Yes, Mr Kamprad had more in common with Henry Ford than being a successful entrepreneur with a "system". But I don't think a boycott would be the best way to make amends for that shameful past - they should commit to funding anti-racist initiatives.

I went to the Montréal IKEA for the first time this week - I had bought their MELDAL daybed (black-painted steel, not fibreboard). http://www.ikea.com/fr/fr/catalog/products/10073977 It seems very solid. Secondhand, from someone I know (but still very new). However the mattress wasn't thick enough, since the Meldal has a metal frame in front too and it hits one's legs while sitting on it or getting out of bed with just their original mattress (which is otherwise very comfy). They had a sale on their foam mattresses this week, and they were much cheaper than anything of similar quality at a furniture or mattress store (I checked several). The mattresses come in a roll so the smaller ones can be carried on public transport or at least in a taxi. I have no car and very, very few of my friends have cars any more (we have an excellent carshare service here, CommunAuto, and several have subscriptions) so that is an important factor.

Yes, of course I arrived when the cafeteria was open before the store. The $1 breakfast was fine and the coffee was simply excellent for cafeteria coffee.They also have very clean washrooms and facilities for the parents of small children.

Of course it is obvious that IKEAs are scrupulously designed by experts in the psychology of shopping, starting out with cute tiny things for children. I did manage to buy just one thing other than the mattress, a packet of Swedish almond/ginger cookies that cost half what the same article by a different brand costs at Jean-Talon Market. Those are a nice thing to have if someone should drop by for tea or coffee, and at $1.29, I don't feel like too much a consumerist sucker.
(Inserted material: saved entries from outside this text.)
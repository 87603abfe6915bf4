-- ===== src/App/RxTest/Check.antt =====
-- A round of main_rx of userspace/io_client/src/client_test.c: what it asks the engine for and compares.
use streamio.Common.{
  ℕ, ◌+◌, ◌*◌, ◌≤◌, ◌≡◌, refl, sym, ap, ◌∙◌, inl, inr, true, false, Bool-cases, Option, none, some,
  Option-cases, List, ◌++◌, length, length-replicate, replicate, get_elem?, get_elem?-map,
  get_elem?_of_map, take, take-length, drop, arith,
}
use streamio.Dma.{ChannelBuffer, sizeof_channel_buffer}
use streamio.Dma.Contents.{contents}
use streamio.Local.{LocalBuffer}
use streamio.Local.Contents.{io_write_stream_local-contents}
use streamio.Local.Ring.{RingIsValid}
use streamio.Remote.Deliver.Calls.{
  Willing, Given, get_buffer-Given, get_buffer-some, put, put_at, put_bytes-put,
}
use streamio.Backend.{io_read_stream_device, io_sync_stream_device}
use streamio.App.Transfers.{
  Transfers, write_stream-Transfers, finish_stream-Transfers, no-Transfers,
}
use streamio.App.Validate.{validate_data, validate_data-pattern}
use streamio.App.RxTest.{
  test_size, RxAnswers, RxState, RxEnd, force_exit, words_of, verdict, rx_check, rx_inner, rx_round,
}
use streamio.App.RxTest.Memory.{memory, Shows, words_of-memory, length-words_of}

-- The engines take each transfer and complete in time, and store within the transfer's memory.
pub record RxWilling (a : RxAnswers) : Type 0 where
  pub tx : Willing a.tx
  pub rx : Willing a.rx
  pub sync : (k : ℕ) → Willing (a.sync k)
  pub within : length a.arrived ≤ 4 * test_size

abbrev pub packet : ℕ
packet = 4 * test_size

-- What a compare makes of the device, and whether it lets the program go on.
data Checked (a : RxAnswers) : Option RxEnd → Type 0 where
  goes_on : {r : Option RxEnd} → r ≡ none → Shows a → Checked a r
  gives_up : {r : Option RxEnd} → r ≡ some force_exit → (Shows a → ⊥) → Checked a r

-- The memory behind the compare's buffer: what came in, over the fill, over what there was.
stored_words :
    (a : RxAnswers) (b b' : ChannelBuffer)
    → b'.buffer ≡ (put 0 (replicate packet 254) b).buffer
    → length a.arrived ≤ packet
    → words_of test_size (put 0 a.arrived b').buffer
      ≡ words_of test_size
          (a.arrived ++ drop (length a.arrived) (replicate packet 254 ++ drop packet b.buffer))
stored_words a b b' e le =
    let fill : List ℕ = replicate packet 254 in
    let long : 0 + length fill ≡ packet = omega (arith, length-replicate {A = ℕ} packet 254) in
    let none_before : 0 + length a.arrived ≡ length a.arrived = omega arith in
    ap (λ n. words_of test_size (a.arrived ++ drop n b'.buffer)) none_before
    ∙ ap (λ x. words_of test_size (a.arrived ++ drop (length a.arrived) x))
        (e ∙ ap (λ n. fill ++ drop n b.buffer) long)

check_words :
    (a : RxAnswers) (ws : List ℕ)
    → ws ≡ words_of test_size (memory a.arrived)
    → (r : Option (List ℕ)) × (validate_data test_size ws ≡ some r) × Checked a (verdict r)
check_words a ws e =
    let long : length ws ≡ test_size = ap length e ∙ length-words_of test_size (memory a.arrived) in
    let (r, run, iff) = validate_data-pattern test_size ws (omega (arith, long)) in
    let all : take test_size ws ≡ words_of test_size (memory a.arrived) =
      ap (λ n. take n ws) (sym long) ∙ take-length ws ∙ e in
    (
      r,
      run,
      elim (Option-cases r) [
        | inl n ↦ goes_on (ap verdict n) (sym all ∙ iff.0 n)
        | inr (out, n) ↦ gives_up (ap verdict n) (λ s. let q = iff.1 (all ∙ s) in cc)
      ],
    )

rx_check-Checked :
    (a : RxAnswers) (l0 l : LocalBuffer) (t : LocalBuffer)
    → RingIsValid l0
    → RxWilling a
    → Given l0 l
    → (l' : LocalBuffer) × (r : Option RxEnd) × (rx_check a l0.current_buffer_id
          (record { dma_rx = l; dma_tx = t })
        ≡ some (record { dma_rx = l'; dma_tx = t }, r))
      × Transfers packet 1 l0 l'
      × Checked a r
unfolding rx_check io_read_stream_device
rx_check-Checked a l0 l t v0 w g =
    let id = l0.current_buffer_id in
    let fill : List ℕ = replicate packet 254 in
    let (e1, v1, f1) =
      put_bytes-put id 0 fill g.buffer l g.valid v0.current g.found
        (omega (arith, length-replicate {A = ℕ} packet 254)) in
    let c = put_at id 0 fill g.buffer l.channel in
    let (l1, e2, moved) =
      write_stream-Transfers packet a.rx l0 l c v0 w.rx g v1 refl refl (omega arith) in
    let kept : contents l1.channel ≡ contents c =
      io_write_stream_local-contents a.rx (sizeof_channel_buffer * id) packet
        (record l { channel = c }) e2 in
    let there : get_elem? (contents l1.channel) id ≡ some (put 0 fill g.buffer).buffer =
      ap (λ x. get_elem? x id) kept
      ∙ get_elem?-map (λ (x : ChannelBuffer). x.buffer) c.buffer_table id f1 in
    let (b, f2, same) =
      get_elem?_of_map (λ (x : ChannelBuffer). x.buffer) l1.channel.buffer_table id there in
    let (e3, v3, f3) =
      put_bytes-put id 0 a.arrived b l1 moved.valid v0.current f2 (omega (arith, w.within)) in
    let words : words_of test_size (put 0 a.arrived b).buffer ≡ words_of test_size _ =
      stored_words a g.buffer b same w.within
      ∙ words_of-memory a.arrived (drop packet g.buffer.buffer) w.within in
    let (r, run, checked) = check_words a (words_of test_size (put 0 a.arrived b).buffer) words in
    (
      record l1 { channel = put_at id 0 a.arrived b l1.channel },
      verdict r,
      rw (e1, e2, e3, f3, run) refl,
      record { valid = v3; base = moved.base; next = moved.next; queue = moved.queue },
      checked,
    )

rx_inner-Checked :
    (a : RxAnswers) (s : RxState)
    → RingIsValid s.dma_rx
    → RingIsValid s.dma_tx
    → RxWilling a
    → (s' : RxState) × (r : Option RxEnd) × (rx_inner a s ≡ some (s', r))
      × RingIsValid s'.dma_tx
      × Transfers packet 1 s.dma_rx s'.dma_rx
      × Checked a r
unfolding rx_inner
rx_inner-Checked a s vr vt w =
    let (t, e1, gt) = get_buffer-Given a.tx s.dma_tx vt w.tx in
    let (l, e2, gr) = get_buffer-Given a.rx s.dma_rx vr w.rx in
    let (l', r, e3, moved, checked) = rx_check-Checked a s.dma_rx l t vr w gr in
    (
      record { dma_rx = l'; dma_tx = t },
      r,
      rw (get_buffer-some a.tx s.dma_tx e1, get_buffer-some a.rx s.dma_rx e2) e3,
      gt.valid,
      moved,
      checked,
    )

-- A round ends the program, or is followed by a sync.
pub data Rounded (a : RxAnswers) (s s' : RxState) : Option RxEnd → Type 0 where
  quiet :
      {r : Option RxEnd}
      → r ≡ none
      → a.inner_stop ≡ true
      → Transfers packet 0 s.dma_rx s'.dma_rx
      → Rounded a s s' r
  tested :
      {r : Option RxEnd}
      → r ≡ none
      → a.inner_stop ≡ false
      → Shows a
      → Transfers packet 1 s.dma_rx s'.dma_rx
      → Rounded a s s' r
  ended :
      {r : Option RxEnd}
      → r ≡ some force_exit
      → a.inner_stop ≡ false
      → (Shows a → ⊥)
      → Transfers packet 1 s.dma_rx s'.dma_rx
      → Rounded a s s' r

pub rx_round-Rounded :
    (a : RxAnswers) (s : RxState)
    → RingIsValid s.dma_rx
    → RingIsValid s.dma_tx
    → RxWilling a
    → (s' : RxState) × (r : Option RxEnd) × (rx_round a s ≡ some (s', r))
      × RingIsValid s'.dma_tx
      × Rounded a s s' r
unfolding rx_round io_sync_stream_device
rx_round-Rounded a s vr vt w = elim (Bool-cases a.inner_stop) [
  | inl y ↦
      let (l, e, moved, back) =
        finish_stream-Transfers packet 0 a.sync s.dma_rx s.dma_rx (no-Transfers packet s.dma_rx vr)
          w.sync in
      (record s { dma_rx = l }, none, rw (y, e) refl, vt, quiet refl y moved)
  | inr m ↦
      let (s1, r, e1, vt1, moved, checked) = rx_inner-Checked a s vr vt w in
      elim checked [
        | goes_on q shows ↦
            let (l, e2, moved2, back) =
              finish_stream-Transfers packet 1 a.sync s.dma_rx s1.dma_rx moved w.sync in
            (
              record s1 { dma_rx = l },
              none,
              rw (e1, q, m, e2) refl,
              vt1,
              tested refl m shows moved2,
            )
        | gives_up q wrong_words ↦
            (s1, some force_exit, rw (e1, q, m) refl, vt1, ended refl m wrong_words moved)
      ]
]
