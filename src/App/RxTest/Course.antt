-- ===== src/App/RxTest/Course.antt =====
-- How main_rx of userspace/io_client/src/client_test.c goes, and what it asks the engine for.
use streamio.Common.{
  ℕ, zero, suc, ◌+◌, ◌<◌, ◌≤◌, ◌≡◌, refl, ap, ◌∙◌, inl, inr, true, false, Bool-cases, some, length,
  arith,
}
use streamio.Dma.{buffer_size}
use streamio.Local.{LocalBuffer, Answers}
use streamio.Local.Ring.{RingIsValid}
use streamio.Remote.Deliver.Calls.{Willing, get_buffer-Given}
use streamio.Backend.{MappedChannel, Registers, io_write_stream_device}
use streamio.Backend.Writes.{write_all-after, after, AllFit-first_eight, device}
use streamio.App.Transfers.{
  Transfers, write_stream-Transfers, no-Transfers, more-Transfers, resume-Transfers,
}
use streamio.App.RxTest.{
  rx_setup, RxAnswers, RxState, RxEnd, finished, no_buffer, force_exit, main_tx, rx_loop, main_rx,
}
use streamio.App.RxTest.Memory.{Shows, incomplete_lem}
use streamio.App.RxTest.Check.{RxWilling, packet, quiet, tested, ended, rx_round-Rounded}

-- The course of the rounds from round `i` on: how many packets are asked for, and how it ends.
pub data Course (answers : ℕ → RxAnswers) : ℕ → ℕ → ℕ → RxEnd → Type 0 where
  over : {i : ℕ} → Course answers zero i 0 finished
  stopped : {n i : ℕ} → (answers i).stop ≡ true → Course answers (suc n) i 0 finished
  skipped :
      {n i k : ℕ} {e : RxEnd}
      → (answers i).stop ≡ false
      → (answers i).inner_stop ≡ true
      → Course answers n (i + 1) k e
      → Course answers (suc n) i k e
  shown :
      {n i k : ℕ} {e : RxEnd}
      → (answers i).stop ≡ false
      → (answers i).inner_stop ≡ false
      → Shows (answers i)
      → Course answers n (i + 1) k e
      → Course answers (suc n) i (suc k) e
  wrong :
      {n i : ℕ}
      → (answers i).stop ≡ false
      → (answers i).inner_stop ≡ false
      → (Shows (answers i) → ⊥)
      → Course answers (suc n) i 1 force_exit

rx_loop-Course :
    (answers : ℕ → RxAnswers) (n i : ℕ) (s : RxState)
    → RingIsValid s.dma_rx
    → RingIsValid s.dma_tx
    → ((j : ℕ) → RxWilling (answers j))
    → (s' : RxState) × (end : RxEnd) × (k : ℕ) × (rx_loop answers n i s ≡ some (s', end))
      × Course answers n i k end
      × Transfers packet k s.dma_rx s'.dma_rx
unfolding rx_loop
rx_loop-Course answers zero i s vr vt w =
    (s, finished, 0, refl, over, no-Transfers packet s.dma_rx vr)
rx_loop-Course answers (suc n) i s vr vt w = elim (Bool-cases (answers i).stop) [
  | inl y ↦ (s, finished, 0, rw y refl, stopped y, no-Transfers packet s.dma_rx vr)
  | inr m ↦
      let (s1, r, e1, vt1, round) = rx_round-Rounded (answers i) s vr vt (w i) in
      elim round [
        | quiet q y moved ↦
            let (s2, end, k, e2, course, more) =
              rx_loop-Course answers n (i + 1) s1 moved.valid vt1 w in
            (
              s2,
              end,
              k,
              rw (e1, q, m) e2,
              skipped m y course,
              resume-Transfers packet k s.dma_rx s1.dma_rx s2.dma_rx vr moved more,
            )
        | tested q inside shows moved ↦
            let (s2, end, k, e2, course, more) =
              rx_loop-Course answers n (i + 1) s1 moved.valid vt1 w in
            (
              s2,
              end,
              suc k,
              rw (e1, q, m) e2,
              shown m inside shows course,
              more-Transfers packet k s.dma_rx s1.dma_rx s2.dma_rx moved more,
            )
        | ended q inside wrong_words moved ↦
            (s1, force_exit, 1, rw (e1, q, m) refl, wrong m inside wrong_words, moved)
      ]
]

-- `main_rx` over any backend that keeps its promise of at least eight registers, and valid rings whose
-- engines take each transfer, complete in time and store within its memory: it runs to an end, with
-- the registers set. The engine was asked for a packet in every round that was not stopped, in
-- the ring's order from the current buffer on; the program goes on as long as the words that are
-- there when `io_read_stream_device` has returned are those of the pattern, and gives up at the
-- first other packet.
pub main_rx-Course :
    {S : Type 0} (ch : MappedChannel S) (laws : Registers ch) (answers : ℕ → RxAnswers)
    (loop_times : ℕ) (m : S) (s : RxState)
    → laws.Usable m
    → 8 ≤ laws.size m
    → RingIsValid s.dma_rx
    → RingIsValid s.dma_tx
    → ((j : ℕ) → RxWilling (answers j))
    → (m' : S) × (s' : RxState) × (end : RxEnd) × (k : ℕ) × (main_rx
          (device ch)
          answers
          loop_times
          m
          s
        ≡ some (m', s', end))
      × ((i : ℕ) → laws.contents m' i ≡ after rx_setup (laws.contents m) i)
      × Course answers loop_times 0 k end
      × Transfers packet k s.dma_rx s'.dma_rx
unfolding main_rx
main_rx-Course ch laws answers n m s u size vr vt w =
    let (m1, e1, u1, n1, regs) =
      write_all-after ch laws rx_setup m u (AllFit-first_eight (laws.size m) rx_setup refl size) in
    let (s', end, k, e2, course, moved) = rx_loop-Course answers n 0 s vr vt w in
    (m1, s', end, k, rw (e1, e2) refl, regs, course, moved)

gives_up_first :
    (answers : ℕ → RxAnswers) (n k : ℕ) (end : RxEnd)
    → Course answers n 0 k end
    → (answers 0).stop ≡ false
    → (answers 0).inner_stop ≡ false
    → 0 < n
    → (Shows (answers 0) → ⊥)
    → end ≡ force_exit
gives_up_first answers zero zero finished over go inner pos late = absurd (omega (arith, pos))
gives_up_first answers zero zero no_buffer c go inner pos late = elim c [ ]
gives_up_first answers zero zero force_exit c go inner pos late = elim c [ ]
gives_up_first answers zero (suc k) end c go inner pos late = elim c [ ]
gives_up_first answers (suc n) zero finished (stopped y) go inner pos late = absurd (cc)
gives_up_first answers (suc n) k end (skipped m y c) go inner pos late = absurd (cc)
gives_up_first answers (suc n) (suc k) end (shown m inside shows c) go inner pos late =
    absurd (late shows)
gives_up_first answers (suc n) (suc zero) force_exit (wrong m inside bad) go inner pos late = refl

-- If in the first round the engine has not stored all bytes of the packet by the time that
-- `io_read_stream_device` has returned, the program gives up in that round.
main_rx_incomplete :
    {S : Type 0} (ch : MappedChannel S) (laws : Registers ch) (answers : ℕ → RxAnswers)
    (loop_times : ℕ) (m : S) (s : RxState)
    → laws.Usable m
    → 8 ≤ laws.size m
    → RingIsValid s.dma_rx
    → RingIsValid s.dma_tx
    → ((j : ℕ) → RxWilling (answers j))
    → (answers 0).stop ≡ false
    → (answers 0).inner_stop ≡ false
    → 0 < loop_times
    → length (answers 0).arrived < packet
    → (m' : S) × (s' : RxState) × (main_rx (device ch) answers loop_times m s
        ≡ some (m', s', force_exit))
main_rx_incomplete ch laws answers n m s u size vr vt w go inner pos late =
    let (m', s', end, k, e, regs, course, moved) =
      main_rx-Course ch laws answers n m s u size vr vt w in
    (
      m',
      s',
      e
          ∙ ap (λ x. some (m', s', x))
              (gives_up_first answers n k end course go inner pos
                (incomplete_lem (answers 0) late)),
    )

main_tx-Transfers :
    (answers : ℕ → Answers) (n j : ℕ) (l : LocalBuffer)
    → RingIsValid l
    → ((k : ℕ) → Willing (answers k))
    → (l' : LocalBuffer) × (main_tx answers n j l ≡ some l') × Transfers buffer_size n l l'
unfolding main_tx io_write_stream_device
main_tx-Transfers answers zero j l v w = (l, refl, no-Transfers buffer_size l v)
main_tx-Transfers answers (suc n) j l v w =
    let (l1, e1, g) = get_buffer-Given (answers j) l v (w j) in
    let (l2, e2, sent) =
      write_stream-Transfers buffer_size (answers j) l l1 l1.channel v (w j) g g.valid refl refl
        (omega arith) in
    let (l3, e3, rest) = main_tx-Transfers answers n (j + 1) l2 sent.valid w in
    (l3, rw (e1, e2) e3, more-Transfers buffer_size n l l2 l3 sent rest)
It was raining heavily and a long walk to the nearest bus stop, which would also involve taking my slippery mattress roll down and up the stairs of an underpass of the service roads of le boulevard Métropolitain (Highway 40) so I took a taxi home, which cost me an extra $20 (I had planned for this).

IKEAs everywhere are on the outskirts of cities, and it is not really safe to cycle to the Mtl one from where I live, although Ville St-Laurent is not terribly far and I've often cycled to other parts of it. I know people in the Netherlands and Denmark who take their purchases from there home with their bicycles, but they have cargo bikes as well as normal ones. Here the need for a car runs counter to their purported green business model.

Moreover, I certainly agree that people in Manitoba should be able to buy pine furniture made from wood from their own province or at least somewhere on the Prairies - but IKEA is certainly not the only villain in that absurdity.

They have been anti-union here in Québec too, but unfortunately they are not alone in that. I see no reason they couldn't grant their workers here the same benefits and rights as their workers in Sweden - they are very profitable.